Sim. A gente sempre acha que podia ser mais, mas acredito que o brasileiro é solidário, tem compaixão, um entendimento de quanto pode ajudar o próximo. Isso se reflete no fato de o Brasil ser um dos países que mais transplantes fazem no mundo.

O que pode vir em tecnologia nos próximos anos para revolucionar ainda mais a medicina?

A tecnologia e a inovação são muito importantes na área da cardiologia e, em especial, no transplante. Para a captação de órgãos, por exemplo, já existem, nos Estados Unidos e na Europa, aparelhos portáteis que aumentam o tempo de isquemia do coração. Eles bombam o órgão. Assim, o prazo de quatro horas pode ser estendido para dez horas. Em um país do tamanho do Brasil, essas máquinas – que infelizmente ainda custam muito caro – são providenciais. Outra evolução é a possibilidade de fazer diagnósticos de rejeição com métodos menos invasivos, sem precisar de biópsia do coração. Hoje o exame de sangue Cell-Free DNA mostra se o paciente está rejeitando ou não o novo órgão. Há também novos remédios com menos efeitos colaterais. A área do transplante está em profunda transformação. 

Fale mais sobre o papel do Einstein na parceria público-privada.

Nosso hospital está numa posição de liderança na América Latina. Em vários rankings, ele desponta como o melhor da América Latina, o mais inovador. Queremos levar uma gota do Einstein para cada brasileiro, em várias regiões do país. Em São Paulo, administramos vários hospitais públicos, como o Hospital do M’Boi Mirim, muito importante numa região bastante carente. Também o Vila Santa Catarina, hoje um centro oncológico, inclusive com cirurgias robóticas para o SUS. Abrimos ainda parcerias com governos de outros estados.
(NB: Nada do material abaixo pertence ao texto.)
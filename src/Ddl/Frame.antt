-- ===== src/Ddl/Frame.antt =====
-- What a DDL statement changes: it adds tables and actions, and touches nothing else.
use postgresparser.Prelude.{
  ◌≡◌, refl, Bool, Option, none, some, List, [], ◌++◌, append-nil, Bool-cases, inl, inr,
}
use postgresparser.Strings.{Unicode}
use postgresparser.Errors.{Result, ok, err}
use postgresparser.Ir.{QueryFields, TableRef, DdlAction}
use postgresparser.Tree.{TokenStream}
use postgresparser.Ddl.Contexts.{
  CreateStmt, ObjectType, DropStmt, AlterTableStmt, IndexStmt, TruncateStmt,
}
use postgresparser.Ddl.Create.{populate_create_table}
use postgresparser.Ddl.Statements.{
  drop_objects, drop_object_of, populate_drop_stmt, populate_create_index, populate_truncate,
}
use postgresparser.Ddl.Alter.{populate_alter_table}

pub record Extends (before after : QueryFields) : Type 0 where
  pub tables : List TableRef
  pub actions : List DdlAction
  pub rest_same : after ≡ record before {
    tables = before.tables ++ tables;
    ddl_actions = before.ddl_actions ++ actions;
  }

-- A result that, if there is one, extends the query.
abbrev pub Adds : QueryFields → Result QueryFields → Type 0
Adds before (ok after) = Extends before after
Adds before (err e) = ⊥

Extends-same : (q : QueryFields) → Extends q q
Extends-same q = record { tables = []; actions = []; rest_same = rw (append-nil, append-nil) }

pub Extends-actions :
    (q : QueryFields) (acts : List DdlAction)
    → Extends q (record q { ddl_actions = q.ddl_actions ++ acts })
Extends-actions q acts = record { tables = []; actions = acts; rest_same = rw append-nil }

pub Extends-both :
    (q : QueryFields) (ts : List TableRef) (acts : List DdlAction)
    → Extends q (record q { tables = q.tables ++ ts; ddl_actions = q.ddl_actions ++ acts })
Extends-both q ts acts = record { tables = ts; actions = acts; rest_same = refl }

module _ ⦃u : Unicode⦄ (tokens : TokenStream) (q : QueryFields) where
  pub create_table-Adds :
      (comments : Bool) (ctx : CreateStmt)
      → Adds q (populate_create_table tokens comments q (some ctx))
  unfolding populate_create_table
  create_table-Adds comments ctx = elim (Bool-cases ctx.table_kw) [
    | inl t ↦ rw t (Extends-both q _ _)
    | inr f ↦ rw f (Extends-same q)
  ]

  pub alter_table-Adds : (ctx : AlterTableStmt) → Adds q (populate_alter_table tokens q (some ctx))
  unfolding populate_alter_table
  alter_table-Adds ctx = elim (Bool-cases ctx.table_kw) [
    | inl t ↦ rw t (Extends-both q _ _)
    | inr f ↦ rw f (Extends-same q)
  ]

  drop_objects_adds :
      (ctx : DropStmt) (obj : ObjectType) → Extends q (drop_objects tokens q ctx obj)
  unfolding drop_objects
  drop_objects_adds ctx obj = elim (Bool-cases obj.table_kw) [
    | inl t ↦ rw t (Extends-both q _ _)
    | inr f ↦ rw f (elim (Bool-cases obj.index_kw) [
      | inl t ↦ rw t (Extends-actions q _)
      | inr g ↦ rw g (Extends-same q)
    ])
  ]

  drop_object_of_adds :
      (ctx : DropStmt) (obj : Option ObjectType) → Extends q (drop_object_of tokens q ctx obj)
  unfolding drop_object_of
  drop_object_of_adds ctx none = Extends-same q
  drop_object_of_adds ctx (some obj) = drop_objects_adds ctx obj

  pub drop_stmt-Adds : (ctx : DropStmt) → Adds q (populate_drop_stmt tokens q (some ctx))
  unfolding populate_drop_stmt
  drop_stmt-Adds ctx = elim (Bool-cases ctx.concurrently_kw) [
    | inl t ↦ simp t (Extends-actions q _)
    | inr f ↦ simp f (drop_object_of_adds ctx ctx.object_type)
  ]

  pub create_index-Adds : (ctx : IndexStmt) → Adds q (populate_create_index tokens q (some ctx))
  unfolding populate_create_index
  create_index-Adds ctx = Extends-both q _ _

  pub truncate-Adds : (ctx : TruncateStmt) → Adds q (populate_truncate tokens q (some ctx))
  unfolding populate_truncate
  truncate-Adds ctx = Extends-both q _ _
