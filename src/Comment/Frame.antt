-- ===== src/Comment/Frame.antt =====
-- COMMENT adds tables and one action to the query, and changes nothing else.
use postgresparser.Prelude.{Bool-cases, inl, inr, Option, none, some, Text}
use postgresparser.Strings.{Unicode}
use postgresparser.Ir.{QueryFields, DdlAction}
use postgresparser.Tree.{Node, TokenStream}
use postgresparser.Comment.{
  CommentStmt, comment_column, comment_any_name, comment_type, comment_name, comment_object,
  populate_comment_stmt,
}
use postgresparser.Ddl.Frame.{Extends, Adds, Extends-actions, Extends-both}

module _ ⦃u : Unicode⦄ (tokens : TokenStream) (q : QueryFields) where
  type-Extends : (ctx : CommentStmt) (a : DdlAction) → Extends q (comment_type tokens q ctx a)
  unfolding comment_type
  type-Extends ctx a = Extends-actions q _

  name-Extends :
      (ctx : CommentStmt) (t n : Option Node) (a : DdlAction)
      → Extends q (comment_name tokens q ctx t n a)
  unfolding comment_name
  name-Extends ctx (some t) (some n) a = Extends-actions q _
  name-Extends ctx (some t) none a = type-Extends ctx a
  name-Extends ctx none n a = type-Extends ctx a

  column-Extends : (raw : Text) (a : DdlAction) → Extends q (comment_column tokens q raw a)
  unfolding comment_column
  column-Extends raw a = Extends-both q _ _

  object-Extends :
      (ctx : CommentStmt) (name t : Option Node) (a : DdlAction)
      → Extends q (comment_object tokens q ctx name t a)
  unfolding comment_object comment_any_name
  object-Extends ctx none t a = name-Extends ctx ctx.object_type_name ctx.name a
  object-Extends ctx (some n) none a = elim (Bool-cases ctx.column_kw) [
    | inl e ↦ simp e (column-Extends _ a)
    | inr e ↦ simp e (name-Extends ctx ctx.object_type_name ctx.name a)
  ]
  object-Extends ctx (some n) (some t) a = elim (Bool-cases ctx.column_kw) [
    | inl e ↦ simp e (column-Extends _ a)
    | inr e ↦ simp e (Extends-both q _ _)
  ]

  pub comment_stmt-Adds : (ctx : CommentStmt) → Adds q (populate_comment_stmt tokens q (some ctx))
  unfolding populate_comment_stmt
  comment_stmt-Adds ctx = object-Extends ctx ctx.any_name ctx.object_type_any_name _
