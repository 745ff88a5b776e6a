-- ===== src/Strings/Trim.antt =====
-- What trimming keeps and removes.
use postgresparser.Prelude.{
  ℕ, ◌≡◌, refl, ap, Bool, true, false, [], ◌∷◌, ◌++◌, Text, inl, inr, Bool-cases, All,
}
use postgresparser.Strings.{is_space, drop_last, trim_left, trim_right, trim_space}

-- What trimming on the right removes.
pub record CutsRight (test : ℕ → Bool) (whole part : Text) : Type 0 where
  pub tail : Text
  pub splits : whole ≡ part ++ tail
  pub all_cut : All (λ c. test c ≡ true) tail

module _ (test : ℕ → Bool) where
  CutsRight-drop_last :
      (c : ℕ) (s t : Text) → CutsRight test s t → CutsRight test (c ∷ s) (drop_last test c t)
  unfolding drop_last
  CutsRight-drop_last c s [] h = elim (Bool-cases (test c)) [
    | inl cut ↦ rw cut (record {
      tail = c ∷ h.tail;
      splits = ap (λ (l : Text). c ∷ l) h.splits;
      all_cut = (cut, h.all_cut);
    })
    | inr stays ↦
        rw stays (record {
          tail = h.tail;
          splits = ap (λ (l : Text). c ∷ l) h.splits;
          all_cut = h.all_cut;
        })
  ]
  CutsRight-drop_last c s (d ∷ t) h = record {
    tail = h.tail;
    splits = ap (λ (l : Text). c ∷ l) h.splits;
    all_cut = h.all_cut;
  }

  pub trim_right_cuts : (s : Text) → CutsRight test s (trim_right test s)
  unfolding trim_right
  trim_right_cuts [] = record { tail = []; splits = refl; all_cut = tt }
  trim_right_cuts (c ∷ s) = CutsRight-drop_last c s (trim_right test s) (trim_right_cuts s)

-- The text ends in no character of the kind that is cut.
abbrev pub EndsOutside : (ℕ → Bool) → Text → Type 0
EndsOutside test [] = Unit
EndsOutside test (c ∷ []) = test c ≡ false
EndsOutside test (c ∷ d ∷ s) = EndsOutside test (d ∷ s)

abbrev pub StartsOutside : (ℕ → Bool) → Text → Type 0
StartsOutside test [] = Unit
StartsOutside test (c ∷ s) = test c ≡ false

module _ (test : ℕ → Bool) where
  EndsOutside-drop_last :
      (c : ℕ) (t : Text) → EndsOutside test t → EndsOutside test (drop_last test c t)
  unfolding drop_last
  EndsOutside-drop_last c [] h = elim (Bool-cases (test c)) [
    | inl cut ↦ rw cut tt
    | inr stays ↦ rw stays stays
  ]
  EndsOutside-drop_last c (d ∷ t) h = h

  pub trim_right-EndsOutside : (s : Text) → EndsOutside test (trim_right test s)
  unfolding trim_right
  trim_right-EndsOutside [] = tt
  trim_right-EndsOutside (c ∷ s) =
      EndsOutside-drop_last c (trim_right test s) (trim_right-EndsOutside s)

  drop_last_outside : (c : ℕ) (s : Text) → EndsOutside test (c ∷ s) → drop_last test c s ≡ c ∷ s
  unfolding drop_last
  drop_last_outside c [] h = rw h
  drop_last_outside c (d ∷ s) h = refl

  EndsOutside-tail : (c : ℕ) (s : Text) → EndsOutside test (c ∷ s) → EndsOutside test s
  EndsOutside-tail c [] h = tt
  EndsOutside-tail c (d ∷ s) h = h

  pub trim_right_outside : (s : Text) → EndsOutside test s → trim_right test s ≡ s
  unfolding trim_right
  trim_right_outside [] h = refl
  trim_right_outside (c ∷ s) h =
      rw (trim_right_outside s (EndsOutside-tail c s h)) (drop_last_outside c s h)

  pub trim_left_outside : (s : Text) → StartsOutside test s → trim_left test s ≡ s
  unfolding trim_left
  trim_left_outside [] h = refl
  trim_left_outside (c ∷ s) h = rw h

  pub trim_left-StartsOutside : (s : Text) → StartsOutside test (trim_left test s)
  unfolding trim_left
  trim_left-StartsOutside [] = tt
  trim_left-StartsOutside (c ∷ s) = elim (Bool-cases (test c)) [
    | inl cut ↦ rw cut (trim_left-StartsOutside s)
    | inr stays ↦ rw stays stays
  ]

  StartsOutside-drop_last :
      (c : ℕ) (t : Text) → test c ≡ false → StartsOutside test (drop_last test c t)
  unfolding drop_last
  StartsOutside-drop_last c [] h = rw h h
  StartsOutside-drop_last c (d ∷ t) h = h

  pub trim_right-StartsOutside :
      (s : Text) → StartsOutside test s → StartsOutside test (trim_right test s)
  unfolding trim_right
  trim_right-StartsOutside [] h = tt
  trim_right-StartsOutside (c ∷ s) h = StartsOutside-drop_last c (trim_right test s) h

-- A text with no space at either end.
abbrev pub IsTrimmed : Text → Type 0
IsTrimmed s = StartsOutside is_space s × EndsOutside is_space s

pub EndsOutside-last : (s : Text) (c : ℕ) → is_space c ≡ false → EndsOutside is_space (s ++ c ∷ [])
EndsOutside-last [] c h = h
EndsOutside-last (d ∷ []) c h = h
EndsOutside-last (d ∷ e ∷ s) c h = EndsOutside-last (e ∷ s) c h

EndsOutside-append :
    (test : ℕ → Bool) (s : Text) (c : ℕ) (t : Text)
    → EndsOutside test (c ∷ t)
    → EndsOutside test (s ++ c ∷ t)
EndsOutside-append test [] c t h = h
EndsOutside-append test (d ∷ []) c t h = h
EndsOutside-append test (d ∷ e ∷ s) c t h = EndsOutside-append test (e ∷ s) c t h

EndsOutside-cons :
    (test : ℕ → Bool) (c : ℕ) (t : Text)
    → test c ≡ false
    → EndsOutside test t
    → EndsOutside test (c ∷ t)
EndsOutside-cons test c [] hc ht = hc
EndsOutside-cons test c (d ∷ t) hc ht = ht

StartsOutside-append :
    (test : ℕ → Bool) (s : Text) (c : ℕ) (t : Text)
    → test c ≡ false
    → StartsOutside test s
    → StartsOutside test (s ++ c ∷ t)
StartsOutside-append test [] c t hc hs = hc
StartsOutside-append test (d ∷ s) c t hc hs = hs

-- Trimmed texts with a character between them that is no space.
pub IsTrimmed-append :
    (s : Text) (c : ℕ) (t : Text)
    → is_space c ≡ false
    → IsTrimmed s
    → IsTrimmed t
    → IsTrimmed (s ++ c ∷ t)
IsTrimmed-append s c t hc hs ht = (
  StartsOutside-append is_space s c t hc hs.0,
  EndsOutside-append is_space s c t (EndsOutside-cons is_space c t hc ht.1),
)

pub trim_space-IsTrimmed : (s : Text) → IsTrimmed (trim_space s)
unfolding trim_space
trim_space-IsTrimmed s = (
  trim_right-StartsOutside is_space (trim_left is_space s) (trim_left-StartsOutside is_space s),
  trim_right-EndsOutside is_space (trim_left is_space s),
)

pub trim_space_trimmed : (s : Text) → IsTrimmed s → trim_space s ≡ s
unfolding trim_space
trim_space_trimmed s h = rw (trim_left_outside is_space s h.0) (trim_right_outside is_space s h.1)

pub trim_space_idem : (s : Text) → trim_space (trim_space s) ≡ trim_space s
trim_space_idem s = trim_space_trimmed (trim_space s) (trim_space-IsTrimmed s)
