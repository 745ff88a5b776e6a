-- ===== src/Strings/Quote.antt =====
-- The text that stands between two quotes for a given content: each quote in it is doubled.
use postgresparser.Prelude.{
  ℕ, ◌≡◌, ◌≢◌, refl, ap, [], ◌∷◌, ◌++◌, arith, Text, ◌==◌, if◌then◌else◌, All,
}
use postgresparser.Strings.{ends_in, drop_end, undouble_char}

unfoldable pub double_char : ℕ → Text → Text
double_char q [] = []
double_char q (c ∷ s) = if c == q then q ∷ q ∷ double_char q s else c ∷ double_char q s

-- The text does not hold the character.
abbrev pub Lacks : ℕ → Text → Type 0
Lacks q = All (λ c. c ≢ q)

pub double_char-Lacks : (q : ℕ) (s : Text) → Lacks q s → double_char q s ≡ s
unfolding double_char
double_char-Lacks q [] h = refl
double_char-Lacks q (c ∷ s) h = ground (arith, double_char-Lacks q s h.1)

unfoldable pub quote : ℕ → Text → Text
quote q s = q ∷ (double_char q s ++ q ∷ [])

-- Undoing the doubling gives the content back.
pub undouble_char-double_char : (q : ℕ) (s : Text) → undouble_char q (double_char q s) ≡ s
unfolding double_char undouble_char
undouble_char-double_char q [] = refl
undouble_char-double_char q (c ∷ []) = ground arith
undouble_char-double_char q (c ∷ d ∷ s) = ground (arith, undouble_char-double_char q (d ∷ s))

pub ends_in-append : (q c : ℕ) (s : Text) → ends_in q (s ++ c ∷ []) ≡ (c == q)
unfolding ends_in
ends_in-append q c [] = refl
ends_in-append q c (d ∷ []) = refl
ends_in-append q c (d ∷ e ∷ s) = ends_in-append q c (e ∷ s)

pub drop_end-append : (c : ℕ) (s : Text) → drop_end (s ++ c ∷ []) ≡ s
unfolding drop_end
drop_end-append c [] = refl
drop_end-append c (d ∷ []) = refl
drop_end-append c (d ∷ e ∷ s) = ap (λ (t : Text). d ∷ t) (drop_end-append c (e ∷ s))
Administramos o Hospital Ortopédico da Bahia, o Hospital de Aparecida de Goiânia, com resultados espetaculares. Essa é uma marca do Einstein, da responsabilidade social, da parceria público-privada. O Einstein cresce fora dos muros do Morumbi e de suas unidades avançadas pela cidade de São Paulo. É um sistema de saúde que também se preocupa em ensinar e formar profissionais. 

Como assim?

Temos a Escola de Enfermagem, a Faculdade de Medicina, a Faculdade de Fisioterapia, de Psicologia, de Odontologia, de Administração Hospitalar. Oferecemos cursos de gestão, de pós-graduação. A pesquisa do hospital também avança muito. O Einstein teve um papel importante em estudos de covid publicados nas principais revistas do mundo. Hoje, o nosso Centro de Pesquisa é um Academic Research Organization, faz estudos multicêntricos, em parceria com instituições internacionais. Já o Eretz.bio é a Unidade de Inovação, em parceria com as startups. No mais, muita gente imagina que o Einstein só atua como um hospital de elite. Não é assim. Temos mais leitos em parceria com o SUS do que uma área exclusivamente privada.